- Poster
- Directed by: Muthyala Subbaiah
- Screenplay by: Muthyala Subbaiah
- Produced by: Ambika Krishna
- Starring: Upendra Ramya Krishna Raasi Nagendra Babu Babu Mohan
- Cinematography: Dattu
- Music by: Koti
- Release date: 25 May 2000;
- Country: India
- Language: Telugu

= Oke Maata =

Oke Maata is a 2000 Indian Telugu-language film directed by Muthyala Subbaiah and produced by Ambhika Krishna. The film stars Upendra, Ramya Krishna, Raasi, and Nagendra Babu. Upon release, it received negative reviews.

==Plot==
Suryam is the leader of the fisherfolk in the coastal village of Meenampet. Rani, a fellow villager, is in love with him. However, Sireesha, a public prosecutor, becomes an obstacle to Suryam's efforts to protect the environment. Suryam, along with the fisherfolk, confronts JP, the owner of a factory that is responsible for mass fish deaths due to pollutants being released into the sea. Sireesha, acting at JP's behest, has Suryam arrested.

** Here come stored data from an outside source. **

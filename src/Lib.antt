-- ===== src/Lib.antt =====
-- ClipFerry carries files from one Windows machine to another through the clipboard. The offering
-- side keeps a server of transfer sessions; the receiving side asks it for byte ranges over framed
-- requests and shows the files to Explorer as virtual streams. This library models the protocol,
-- the server's state, and the objects that Explorer reads from.
--
-- The parts, and the files that model them:
-- - Wire: codes, frames and messages of src/clipboard/secure_transfer.rs. Wire/Code has `Opcode`,
--   `ResponseStatus` and `RemoteTransferState` with their encodings, Wire/Frame has `write_frame`,
--   `read_frame` and `read_frame_optional` over a list of bytes, Wire/Message has
--   `TransferCredentials`, `TransferStatus` and the payloads of the requests and responses, as the
--   client's functions build or read them and as the server's `encode_*_response` functions do.
-- - Server: `ServerState` of the same file. Server/Coverage is `RangeCoverage`, Server/State the
--   records and the monad of the operations, Server/Peers the checks of trust, credentials and
--   expiry (`ensure_peer_allowed`, `authenticated_session`, `cleanup_expired_sessions`),
--   Server/Begin is `begin_transfer`, Server/Control is `control` and `status`, Server/Read is
--   `read_range`. Server/Evolve says how a session may change in time. Server/Answers and
--   Server/Dispatch have what the server makes of the payload of each request (`encode_*_response`,
--   `dispatch_request`), Server/Connection is `handle_secure_connection`.
-- - Client: the receiving side of the same file. Client/Connection is one
--   `command` of `SecureOfferClient` with its connections, Client/Waits and Client/Recovery are
--   `SecureRecoveryPolicy`, `command_recovering`, `command_status_retry_once` and the waits that they
--   make, Client/Group and Client/Source are `SecureRemoteSource`, Client/Registry is
--   `RemoteTransferRegistry`.
-- - Offer: what is offered. Offer/Paths and Offer/Tree are the rules for names, paths and trees of
--   src/clipboard/data_object.rs (`validate_virtual_descriptor_tree`), Offer/Manifest is
--   `OfferManifest` of src/clipboard/secure_transfer.rs with its encoding and decoding.
-- - Clipboard: Clipboard/Source is `MemorySource` of src/clipboard/source.rs, Clipboard/Stream is
--   `VirtualStream` of src/clipboard/stream.rs, Clipboard/Transfer is `TransferControl` and
--   `GeneratedSource` of src/clipboard/transfer.rs, Clipboard/Formats is `FormatEnumerator` of
--   src/clipboard/format_enum.rs.
-- - Pairing: the hello (Pairing/Hello) and the exchange of decisions (Pairing/Confirm) of
--   src/pairing.rs.
-- - Discovery: the packets of src/discovery.rs; whether bytes are a label is a parameter.
-- - Store: the identity bundle and the records of trusted peers of src/device_store.rs, the text of a
--   fingerprint (Store/Fingerprint) of src/security.rs, the settings' text and the rule for endpoints
--   (Store/Settings) of src/app_settings.rs, and the lookup of a peer with the check of the settings
--   against it (Store/Peers).
-- - Common has the shared helpers: lists over the native numbers, bytes in big-endian order, maps
--   as association lists, and results. Tests runs the model at concrete inputs.
--
-- How the parts interact: a request arrives as a frame (Wire/Frame), its payload is read
-- (Wire/Message), an operation of the server runs on `ServerState` and its answer is encoded. The
-- operations share the session map; all but `read_range` are written as one step on the state, though
-- the code takes its locks one after the other. `read_range` lets go of the lock while it waits and
-- while it reads the source. What other threads do there is an argument, any function on the state
-- (`Turn` in Server/Read). A virtual stream reads through a `ReadAtSource`, of
-- which it relies on `Serves` (Clipboard/Source) alone.
-- A request is answered on a connection, one `Round` (Server/Dispatch) after the other, and the round
-- has all that comes from outside meanwhile. The client's recovery is written for any command, as a
-- change of a world with a result (Client/Recovery); Client/Recovery/Resend runs it against the server,
-- with what other connections do between the attempts as functions on the state; a remote source takes the client's calls as a
-- `Group` (Client/Group), and the registry commands sources through it. Offers and their trees are used
-- by both sides: the server encodes the manifest, the client decodes it and validates the tree.
--
-- Numbers are natural numbers. Sums that the program checks for overflow are compared with the
-- limit of their type. The counters of the metrics are unbounded here. Instants and durations count
-- nanoseconds. The clock, random bytes, the answer of the trust store and the file sources are
-- arguments of the operations.
--
-- Bounds and fuel: `fill` of Clipboard/Stream runs on as many rounds as bytes were asked for, and a
-- round that goes on has read a byte. The loops that wait (Server/Read, Clipboard/Transfer) run on
-- the list of wake-ups that they get. A connection runs on a list of rounds, the recovery on what
-- passes during each attempt, and a remote read on the number of its sleeps and requests; Results say
-- how many are enough where the program has a bound. A manifest has at most 4096 entries and 1 MiB.
--
-- Not modelled: sockets, TLS, threads and the listener; how a local file becomes an offer; the COM
-- data object and the clipboard's formats; the sockets and the TLS proof of pairing, the sockets
-- of discovery; the files of the device store and of the settings, and their protection; the
-- windows, the tray and the command line. Most of these are calls of the operating system. Lower
-- case, UTF-8, white space and the text of a socket address, which the standard library gives, are
-- parameters, and so is the fingerprint of a certificate. Poisoned locks do not occur, and
-- messages of errors are left out.
pub mod Common
pub mod Wire
pub mod Offer
pub mod Server
pub mod Client
pub mod Clipboard
pub mod Pairing
pub mod Discovery
pub mod Store
pub mod Tests
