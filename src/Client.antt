-- ===== src/Client.antt =====
-- The receiving side of the secure protocol (`SecureOfferClient` of src/clipboard/secure_transfer.rs).
pub mod Waits
pub mod Recovery
pub mod Connection
pub mod Group
pub mod Source
pub mod Registry
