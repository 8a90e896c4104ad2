-- ===== src/Common/Result.antt =====
-- Rust's `Result` with `?` as bind, and the kinds of `std::io::Error` that the program tells apart.
-- Error messages are text for people and are left out.
use mathlib.Core.Path.{◌≡◌, refl}
use mathlib.Core.Bool.{Bool, true, false}
use mathlib.Core.Option.{Option, none, some}

pub data Result (E A : Type 0) : Type 0 where
  ok : A → Result E A
  err : E → Result E A

-- The `?` operator: an error leaves, a value goes on.
infixl 5 ◌>>=◌ ◌>>◌
abbrev pub ◌>>=◌ : {E A B : Type 0} → Result E A → (A → Result E B) → Result E B
err failure >>= next = err failure
ok value >>= next = next value

-- `option.ok_or(failure)?`
abbrev pub ok_or : {E A : Type 0} → Option A → E → Result E A
ok_or (some value) failure = ok value
ok_or none failure = err failure

abbrev pub ◌>>◌ : {E B : Type 0} → Result E (Unit {0}) → Result E B → Result E B
first >> second = first >>= λ _. second

pub data IoError : Type 0 where
  invalid_data invalid_input unexpected_eof permission_denied timed_out : IoError
  would_block interrupted connection_aborted connection_reset broken_pipe not_connected other :
      IoError

abbrev pub IoResult : Type 0 → Type 0
IoResult = Result IoError

-- `if !test { return Err(failure); }`
abbrev pub guard : {E : Type 0} → Bool → E → Result E (Unit {0})
guard false failure = err failure
guard true failure = ok tt

-- Both steps of a chain that ends with a value have succeeded.
pub >>=-eq-ok :
    {E A B : Type 0} (first : Result E A) (next : A → Result E B) {b : B}
    → (first >>= next) ≡ ok b
    → (value : A) × (first ≡ ok value) × (next value ≡ ok b)
>>=-eq-ok (err failure) next done = cc
>>=-eq-ok (ok value) next done = (value, refl, done)
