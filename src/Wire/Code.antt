-- ===== src/Wire/Code.antt =====
-- The one-byte and two-byte codes of the secure protocol: `Opcode`, `ResponseStatus` and
-- `RemoteTransferState` of src/clipboard/secure_transfer.rs.
use Prim.Native.Nat.{bit_or}
use clip_ferry.Common.{ℕ, ◌≡◌, ◌↔◌, refl, ◌==◌, if◌then◌else◌, arith, ◌+◌}
use clip_ferry.Common.Result.{Result, IoError, IoResult, err, invalid_data}

pub data Opcode : Type 0 where
  hello get_offer begin_transfer read_range pause resume cancel status complete : Opcode

-- `opcode as u16`
unfoldable pub opcode_as_u16 : Opcode → ℕ
opcode_as_u16 hello = 1
opcode_as_u16 get_offer = 2
opcode_as_u16 begin_transfer = 3
opcode_as_u16 read_range = 4
opcode_as_u16 pause = 5
opcode_as_u16 resume = 6
opcode_as_u16 cancel = 7
opcode_as_u16 status = 8
opcode_as_u16 complete = 9

unfoldable pub opcode_try_from : ℕ → IoResult Opcode
opcode_try_from value =
    if value == 1
    then Result.ok hello
    else if value == 2
    then Result.ok get_offer
    else if value == 3
    then Result.ok begin_transfer
    else if value == 4
    then Result.ok read_range
    else if value == 5
    then Result.ok pause
    else if value == 6
    then Result.ok resume
    else if value == 7
    then Result.ok cancel
    else if value == 8
    then Result.ok status
    else if value == 9
    then Result.ok complete
    else err invalid_data

abbrev pub response_bit : ℕ
response_bit = 0x8000

unfoldable pub response_opcode : Opcode → ℕ
unfolding opcode_as_u16
response_opcode opcode = bit_or (opcode_as_u16 opcode) response_bit

pub data ResponseStatus : Type 0 where
  ok invalid denied expired replay busy cancelled timeout source_changed internal : ResponseStatus

abbrev pub WireResult : Type 0 → Type 0
WireResult = Result ResponseStatus

unfoldable pub encode_response_status : ResponseStatus → ℕ
encode_response_status ResponseStatus.ok = 0
encode_response_status invalid = 1
encode_response_status denied = 2
encode_response_status expired = 3
encode_response_status replay = 4
encode_response_status busy = 5
encode_response_status cancelled = 6
encode_response_status timeout = 7
encode_response_status source_changed = 8
encode_response_status internal = 9

unfoldable pub decode_response_status : ℕ → IoResult ResponseStatus
decode_response_status value =
    if value == 0
    then Result.ok ResponseStatus.ok
    else if value == 1
    then Result.ok invalid
    else if value == 2
    then Result.ok denied
    else if value == 3
    then Result.ok expired
    else if value == 4
    then Result.ok replay
    else if value == 5
    then Result.ok busy
    else if value == 6
    then Result.ok cancelled
    else if value == 7
    then Result.ok timeout
    else if value == 8
    then Result.ok source_changed
    else if value == 9
    then Result.ok internal
    else err invalid_data

-- The kind of the error that the client makes of a status.
unfoldable pub status_error : ResponseStatus → IoError
status_error invalid = invalid_data
status_error denied = IoError.permission_denied
status_error expired = IoError.timed_out
status_error replay = IoError.permission_denied
status_error busy = IoError.would_block
status_error cancelled = IoError.interrupted
status_error timeout = IoError.timed_out
status_error source_changed = invalid_data
status_error internal = IoError.other
status_error ResponseStatus.ok = IoError.other

pub data RemoteTransferState : Type 0 where
  running paused cancelled completed : RemoteTransferState

unfoldable pub encode_state : RemoteTransferState → ℕ
encode_state running = 0
encode_state paused = 1
encode_state RemoteTransferState.cancelled = 2
encode_state completed = 3

unfoldable pub decode_state : ℕ → IoResult RemoteTransferState
decode_state value =
    if value == 0
    then Result.ok running
    else if value == 1
    then Result.ok paused
    else if value == 2
    then Result.ok RemoteTransferState.cancelled
    else if value == 3
    then Result.ok completed
    else err invalid_data

-- A code is accepted exactly as the operation that writes it.
pub opcode_try_from_iff :
    (v : ℕ) (o : Opcode) → (opcode_try_from v ≡ Result.ok o) ↔ (v ≡ opcode_as_u16 o)
unfolding opcode_try_from opcode_as_u16
opcode_try_from_iff v o = (λ h. ground arith, λ h. ground arith)

pub decode_response_status_iff :
    (v : ℕ) (s : ResponseStatus)
    → (decode_response_status v ≡ Result.ok s) ↔ (v ≡ encode_response_status s)
unfolding decode_response_status encode_response_status
decode_response_status_iff v s = (λ h. ground arith, λ h. ground arith)

pub decode_state_iff :
    (v : ℕ) (s : RemoteTransferState) → (decode_state v ≡ Result.ok s) ↔ (v ≡ encode_state s)
unfolding decode_state encode_state
decode_state_iff v s = (λ h. ground arith, λ h. ground arith)

pub response_opcode_lem : (o : Opcode) → response_opcode o ≡ opcode_as_u16 o + 0x8000
unfolding response_opcode
response_opcode_lem hello = refl
response_opcode_lem _ = refl

-- The code of a response is the code of no request, and it names one request.
pub response_opcode_fresh :
    (o p : Opcode)
    → (opcode_try_from (response_opcode o) ≡ err invalid_data)
      × (response_opcode o ≡ response_opcode p → o ≡ p)
unfolding opcode_try_from opcode_as_u16
response_opcode_fresh o p = (
  ground (arith, response_opcode_lem o),
  λ e. ground (arith, response_opcode_lem o, response_opcode_lem p),
)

While in jail, Suryam recalls his past, particularly his time in law college when he and Sireesha were romantically involved. Despite her brother’s disapproval, Sireesha and Suryam plan to marry. However, Suryam’s brother, Ganagaraju, intercepts the smuggling activities of Sireesha's brother, which enrages him. He blames Suryam for marrying his sister against his wishes, leading to the murder of Ganagaraju. Sireesha’s brother frames Suryam for the crime, resulting in his arrest. The case is later dismissed due to Sireesha’s defence.

Upon his release, Suryam confronts Sireesha’s brother, learning that he was responsible for Ganagaraju’s death. In an unexpected turn, Sireesha's brother accidentally falls to his death from the upper floor of his house. Unaware of the true cause of her brother's death, Sireesha harbours a deep resentment towards Suryam.

As Suryam is released on bail, Sireesha's sister-in-law exposes her brother's shady activities. Sireesha, now aware of the truth, decides to reconcile with Suryam. The story concludes with their reunion.

==Cast==
- Upendra as Suryam
- Ramya Krishna as Sireesha
- Raasi as Rani
- Nagendra Babu as Gangaraju
- Jayaprakash Reddy as JP
- Surya as Sirisha's brother
- Babu Mohan
- M. S. Narayana
- Achyuth

==Soundtrack==
The music was composed by Koti.

| No. | Song | Singers | Lyrics | Length (m:ss) |
|---|---|---|---|---|
| 1 | Raja Raja Chola | Devan, Sujatha Mohan | Ghantadi Krishna | 4.12 |
| 2 | Kolo Kolo Koilallu | Sukhwinder Singh, Gopika Poornima | Sirivennela Seetharama Sastry | 5.09 |
| 3 | Hatteri Butta | S. P. Balasubrahmanyam, Chithra | Ravikumar | 3.49 |
| 4 | Maa Manchi | Sukhwinder Singh, Shivaleela | Samavedam Shanmukha Sarma | 4.15 |
| 5 | Raja Raja Chola | Devan, Sujatha | Ghantadi Krishna | 4.12 |
| 6 | Kiss Me Kiss Me | Devi Sri Prasad, Anuradha Sriram | Chandrabose | 4.52 |

== Reception ==
A critic for Andhra Today described Oke Maata as a below-average film with a poorly executed script, lackluster performances from the lead pair, and ineffective direction by Muthyala Subbaiah, ultimately failing to engage the audience.

A critic for Telugucinema.com reviewed Oke Maata negatively, criticizing the film for its poor performances, vulgar comedy, lengthy dialogues, and weak direction. The review also highlighted the film's lack of substance and unconvincing plot, suggesting it be erased from memory.

A critic from Indiainfo wrote "When a fresh breeze is passing filmmaking, it is sad to find a movie with an age-old revenge story. Oke Mata, Muthyalasubbaiah's sentiment and action melodrama has nothing to offer and is a best example for lack of innovativeness in filmmaking".